#### [Saved entries]
BEGIN
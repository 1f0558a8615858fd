-- ===== src/Broker/Informers/Paired.antt =====
-- The keys of the two maps of the informers, and the reports at which the runnable of `NewBroker` in
-- `client/broker.go` panics.
use ducks.Prelude.{
  String, ◌≡◌, ◌≢◌, ◌↔◌, ◌⊎◌, All, In, refl, List, [], ◌∷◌, Option, none, some, some_inj, sym, ap,
  subst, ◌∙◌, arith, inl, inr, eq_iff, Option-cases, Bool-cases,
}
use ducks.Prelude.Exec.{Result, ok, err, outcome_cases}
use ducks.Prelude.Assoc.{Assoc, lookup, lookup-insert, lookup-remove, lookup-nil}
use ducks.Schema.{GroupKind}
use ducks.Conditions.{Conditions}
use ducks.Api.{Duck}
use ducks.Client.Select.{duck_is_ready}
use ducks.Broker.Informers.{
  Cache, object, final_state_unknown, Event, added, updated, deleted, Informers, no_informers,
  record_informer, start_informer, inform_on, inform_on_given, given_duck, forget, on_delete,
  handle, handle_all, remove_handlers, start_watch, watch_ducks, unless_failed, run,
}

result_cases : {E A : Type 0} (r : Result E A) → ((a : A) × (r ≡ ok a)) ⊎ ((e : E) × (r ≡ err e))
result_cases (ok a) = inl (a, refl)
result_cases (err e) = inr (e, refl)

module _ {V : Type 0} where
  lookup-cons-ne-none : (name : String) (v : V) (m : Assoc V) → lookup name ((name, v) ∷ m) ≢ none
  unfolding lookup
  lookup-cons-ne-none name v m = ground (arith, eq_iff name name)

  lookup-head : (j name : String) (v : V) (m : Assoc V) → lookup j ((name, v) ∷ m) ≡ none → name ≢ j
  unfolding lookup
  lookup-head j name v m h = ground (arith, eq_iff name j)

  lookup-cons_none :
      (j name : String) (v : V) (m : Assoc V)
      → name ≢ j
      → lookup j m ≡ none
      → lookup j ((name, v) ∷ m) ≡ none
  unfolding lookup
  lookup-cons_none j name v m ne h = ground (arith, eq_iff name j)

  lookup-tail :
      (j name : String) (v : V) (m : Assoc V) → lookup j ((name, v) ∷ m) ≡ none → lookup j m ≡ none
  unfolding lookup
  lookup-tail j name v m h = ground arith

  lookup-ne : (j : String) (m : Assoc V) (x : String × V) → lookup j m ≡ none → In x m → x.0 ≢ j
  lookup-ne j [] x h i = absurd i
  lookup-ne j ((name, v) ∷ m) x h (inl e) =
      λ same. lookup-head j name v m h (ap (λ y. y.0) (sym e) ∙ same)
  lookup-ne j ((name, v) ∷ m) x h (inr i) = lookup-ne j m x (lookup-tail j name v m h) i

  lookup-eq_none :
      (j : String) (m : Assoc V) → ((x : String × V) → In x m → x.0 ≢ j) → lookup j m ≡ none
  lookup-eq_none j [] h = lookup-nil j
  lookup-eq_none j ((name, v) ∷ m) h =
      lookup-cons_none j name v m (h (name, v) (inl refl)) (lookup-eq_none j m λ x i. h x (inr i))

module _ (c : Conditions) (k : Cache c.Status) where
  -- The keys of the two maps are the same.
  pub record IsPaired (st : Informers c k) : Type 0 where
    pub keys :
        (name : String)
        → (lookup name st.duck_registrations ≡ none) ↔ (lookup name st.duck_informers ≡ none)

  record_informer-IsPaired :
      (name : String) (st : Informers c k)
      (r : Result k.Error (k.Informer × k.Registration) × k.World)
      → IsPaired st
      → IsPaired (record_informer c k name st r).0
  record_informer-IsPaired name st (err e, w) h = h
  record_informer-IsPaired name st (ok (i, reg), w) h = record {
    keys = λ j. ground (
      arith,
      h.keys j,
      lookup-insert name j i st.duck_informers,
      lookup-insert name j reg st.duck_registrations,
    );
  }

  inform_on-IsPaired :
      (r : Duck c.Status) (st : Informers c k) (w : k.World)
      → IsPaired st
      → IsPaired (inform_on c k r st w).0
  unfolding inform_on
  inform_on-IsPaired r st w h = elim (Option-cases (lookup r.metadata.name st.duck_informers)) [
    | inr (i, known) ↦ rw (known, inform_on) h
    | inl new ↦ elim (Bool-cases (duck_is_ready c r)) [
      | inr waits ↦ rw (new, waits, inform_on) h
      | inl ready ↦
          rw (new, ready, inform_on)
            (record_informer-IsPaired r.metadata.name st (start_informer c k r w) h)
    ]
  ]

  forget-IsPaired :
      (name : String) (st : Informers c k) (r : Result k.Error Unit × k.World)
      → IsPaired st
      → IsPaired (forget c k name st r).0
  forget-IsPaired name st (err e, w) h = h
  forget-IsPaired name st (ok u, w) h = record {
    keys = λ j. ground (
      arith,
      h.keys j,
      lookup-remove name j st.duck_informers,
      lookup-remove name j st.duck_registrations,
    );
  }

  -- The outcome of a handler that did not panic.
  abbrev Handles : Option (Informers c k × k.World) → Type 0
  Handles r = (st : Informers c k) × (w : k.World) × (r ≡ some (st, w)) × IsPaired st

  on_delete-Handles :
      (name : String) (st : Informers c k) (w : k.World)
      → IsPaired st
      → Handles (on_delete c k name st w)
  unfolding on_delete
  on_delete-Handles name st w h = elim (Option-cases (lookup name st.duck_registrations)) [
    | inl unknown ↦ rw (unknown, on_delete) (st, w, refl, h)
    | inr (reg, known) ↦ elim (Option-cases (lookup name st.duck_informers)) [
      | inl missing ↦ cc (known, (h.keys name).1 missing)
      | inr (i, there) ↦
          rw (known, there, on_delete)
            (_, _, refl, forget-IsPaired name st (k.remove_event_handler i reg w) h)
    ]
  ]

  -- A report that the handlers can read: an object that converts to a duck, or the last state of a
  -- deleted object.
  pub IsReadable : Event k.Object → Type 0
  IsReadable (added (object o)) = (r : Duck c.Status) × (k.from_unstructured o ≡ ok r)
  IsReadable (added (final_state_unknown key)) = ⊥
  IsReadable (updated old (object o)) = (r : Duck c.Status) × (k.from_unstructured o ≡ ok r)
  IsReadable (updated old (final_state_unknown key)) = ⊥
  IsReadable (deleted (object o)) = Unit
  IsReadable (deleted (final_state_unknown key)) = ⊥

  -- A handler panics exactly at a report that it cannot read.
  abbrev Outcome : Type 0 → Option (Informers c k × k.World) → Type 0
  Outcome readable out = (readable × Handles out) ⊎ ((¬ readable) × (out ≡ none))

  given-Outcome :
      (o : k.Object) (st : Informers c k) (w : k.World)
      → IsPaired st
      → Outcome
          ((r : Duck c.Status) × (k.from_unstructured o ≡ ok r))
          (inform_on_given c k (given_duck c k (object o)) st w)
  given-Outcome o st w h = elim (result_cases (k.from_unstructured o)) [
    | inl (r, e) ↦ rw e (inl ((r, refl), (_, _, refl, inform_on-IsPaired r st w h)))
    | inr (e, failed) ↦ rw failed (inr ((λ x. cc (x.1)), refl))
  ]

  handle-Outcome :
      (e : Event k.Object) (st : Informers c k) (w : k.World)
      → IsPaired st
      → Outcome (IsReadable e) (handle c k e st w)
  unfolding handle IsReadable
  handle-Outcome (added (object o)) st w h = given-Outcome o st w h
  handle-Outcome (updated old (object o)) st w h = given-Outcome o st w h
  handle-Outcome (deleted (object o)) st w h = inl (tt, on_delete-Handles (k.get_name o) st w h)
  handle-Outcome (added (final_state_unknown key)) st w h = inr ((λ x. x), refl)
  handle-Outcome (updated old (final_state_unknown key)) st w h = inr ((λ x. x), refl)
  handle-Outcome (deleted (final_state_unknown key)) st w h = inr ((λ x. x), refl)

  handle_all-Outcome :
      (es : List (Event k.Object)) (st : Informers c k) (w : k.World)
      → IsPaired st
      → Outcome (All IsReadable es) (handle_all c k es st w)
  unfolding handle_all
  handle_all-Outcome [] st w h = inl (tt, (st, w, refl, h))
  handle_all-Outcome (e ∷ es) st w h = elim (handle-Outcome e st w h) [
    | inr (unreadable, panics) ↦ rw panics (inr ((λ x. unreadable (x.0)), refl))
    | inl (readable, (st', w', step, h')) ↦ rw step (elim (handle_all-Outcome es st' w' h') [
      | inl (others, handled) ↦ inl ((readable, others), handled)
      | inr (unreadable, panics) ↦ inr ((λ x. unreadable (x.1)), panics)
    ])
  ]

  abbrev Ends : Option (Result k.Error Unit × k.World) → Type 0
  Ends o = (r : Result k.Error Unit × k.World) × (o ≡ some r)

  unless_failed_total :
      (r : Result k.Error Unit × k.World) (f : k.World → Option (Result k.Error Unit × k.World))
      → ((w : k.World) → Ends (f w))
      → Ends (unless_failed c k r f)
  unless_failed_total (err e, w) f h = (_, refl)
  unless_failed_total (ok u, w) f h = h w

  remove_handlers_total :
      (regs : Assoc k.Registration) (st : Informers c k) (w : k.World)
      → ((name : String) → lookup name st.duck_informers ≡ none → lookup name regs ≡ none)
      → Ends (remove_handlers c k regs st w)
  unfolding remove_handlers
  remove_handlers_total [] st w h = (_, refl)
  remove_handlers_total ((name, reg) ∷ regs) st w h =
      elim (Option-cases (lookup name st.duck_informers)) [
        | inl missing ↦ absurd (lookup-cons-ne-none name reg regs (h name missing))
        | inr (i, there) ↦
            rw (there, remove_handlers)
              (unless_failed_total (k.remove_event_handler i reg w) (remove_handlers c k regs st)
                λ w'. remove_handlers_total regs st w' λ j e. lookup-tail j name reg regs (h j e))
      ]

  no_informers-IsPaired : IsPaired (no_informers c k)
  no_informers-IsPaired = record { keys = λ j. ((λ _. lookup-nil j), λ _. lookup-nil j) }

  -- So the keys of the two maps are the same after all reports.
  pub handle_all-IsPaired :
      (es : List (Event k.Object)) (w : k.World) {st : Informers c k} {w' : k.World}
      → handle_all c k es (no_informers c k) w ≡ some (st, w')
      → IsPaired st
  handle_all-IsPaired es w did =
      elim (handle_all-Outcome es (no_informers c k) w no_informers-IsPaired) [
        | inl (readable, (st', w'', handled, paired)) ↦
            subst IsPaired (ap (λ o. o.0) (some_inj.0 (sym handled ∙ did))) paired
        | inr (unreadable, panics) ↦ absurd (cc (panics, did))
      ]

  -- The runnable could not watch the ducks.
  abbrev pub FailsToWatch : GroupKind → k.World → Type 0
  FailsToWatch duck w = (e : k.Error) × (w' : k.World) × (start_watch c k duck w ≡ (err e, w'))

  -- An order of Go's for a map: it has the same entries.
  abbrev pub Reorders : (Assoc k.Registration → Assoc k.Registration) → Type 0
  Reorders order =
      (regs : Assoc k.Registration) (x : String × k.Registration) → In x (order regs) ↔ In x regs

  watch_ducks_iff :
      (order : Assoc k.Registration → Assoc k.Registration)
      → Reorders order
      → (events : List (Event k.Object)) (i : k.Informer) (reg : k.Registration) (w : k.World)
      → Ends (watch_ducks c k order events (ok (i, reg), w)) ↔ All IsReadable events
  watch_ducks_iff order reorders events i reg w =
      elim (handle_all-Outcome events (no_informers c k) w no_informers-IsPaired) [
        | inl (readable, (st, w', handled, paired)) ↦ rw handled (
          (λ _. readable),
          λ _.
              unless_failed_total (k.remove_event_handler i reg (k.cancel w'))
                (remove_handlers c k (order st.duck_registrations) st)
                λ w''. remove_handlers_total (order st.duck_registrations) st w'' λ j missing.
                  lookup-eq_none j (order st.duck_registrations) λ x i.
                    lookup-ne j st.duck_registrations x ((paired.keys j).1 missing)
                      ((reorders st.duck_registrations x).0 i),
        )
        | inr (unreadable, panics) ↦ rw panics ((λ x. cc (x.1)), λ x. absurd (unreadable x))
      ]

  -- Whatever the informer of the duck type reports, in whatever order, whichever calls fail, and
  -- however Go orders the last loop, the runnable of the broker ends with a result, an error included, exactly if it could not watch the
  -- ducks, or all reports are objects that convert to ducks or last states of deleted objects;
  -- otherwise a handler panics. No handler and no clean-up calls a nil informer.
  pub run_returns_iff :
      (order : Assoc k.Registration → Assoc k.Registration)
      → Reorders order
      → (duck : GroupKind) (events : List (Event k.Object)) (w : k.World)
      → ((r : Result k.Error Unit × k.World) × (run c k order duck events w ≡ some r))
        ↔ (FailsToWatch duck w ⊎ All IsReadable events)
  unfolding run
  run_returns_iff order reorders duck events w = elim (outcome_cases (start_watch c k duck w)) [
    | inr (e, w', failed) ↦ rw failed ((λ _. inl (e, w', refl)), λ _. (_, refl))
    | inl ((i, reg), w', watched) ↦ rw watched (
      (λ ends. inr ((watch_ducks_iff order reorders events i reg w').0 ends)),
      λ h. elim h [
        | inl (e, w'', failed) ↦ cc failed
        | inr readable ↦ (watch_ducks_iff order reorders events i reg w').1 readable
      ],
    )
  ]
END
#### [What the exercise asks]
Above are the records. Copy the lines beginning at the one that has "(known, inform_on) h" and ending with the one that has "k name st w)", unchanged.

#### [Written answer]
    | inr (i, known) ↦ rw (known, inform_on) h
    | inl new ↦ elim (Bool-cases (duck_is_ready c r)) [
      | inr waits ↦ rw (new, waits, inform_on) h
      | inl ready ↦
          rw (new, ready, inform_on)
            (record_informer-IsPaired r.metadata.name st (start_informer c k r w) h)
    ]
  ]

  forget-IsPaired :
      (name : String) (st : Informers c k) (r : Result k.Error Unit × k.World)
      → IsPaired st
      → IsPaired (forget c k name st r).0
  forget-IsPaired name st (err e, w) h = h
  forget-IsPaired name st (ok u, w) h = record {
    keys = λ j. ground (
      arith,
      h.keys j,
      lookup-remove name j st.duck_informers,
      lookup-remove name j st.duck_registrations,
    );
  }

  -- The outcome of a handler that did not panic.
  abbrev Handles : Option (Informers c k × k.World) → Type 0
  Handles r = (st : Informers c k) × (w : k.World) × (r ≡ some (st, w)) × IsPaired st

  on_delete-Handles :
      (name : String) (st : Informers c k) (w : k.World)
      → IsPaired st
      → Handles (on_delete c k name st w)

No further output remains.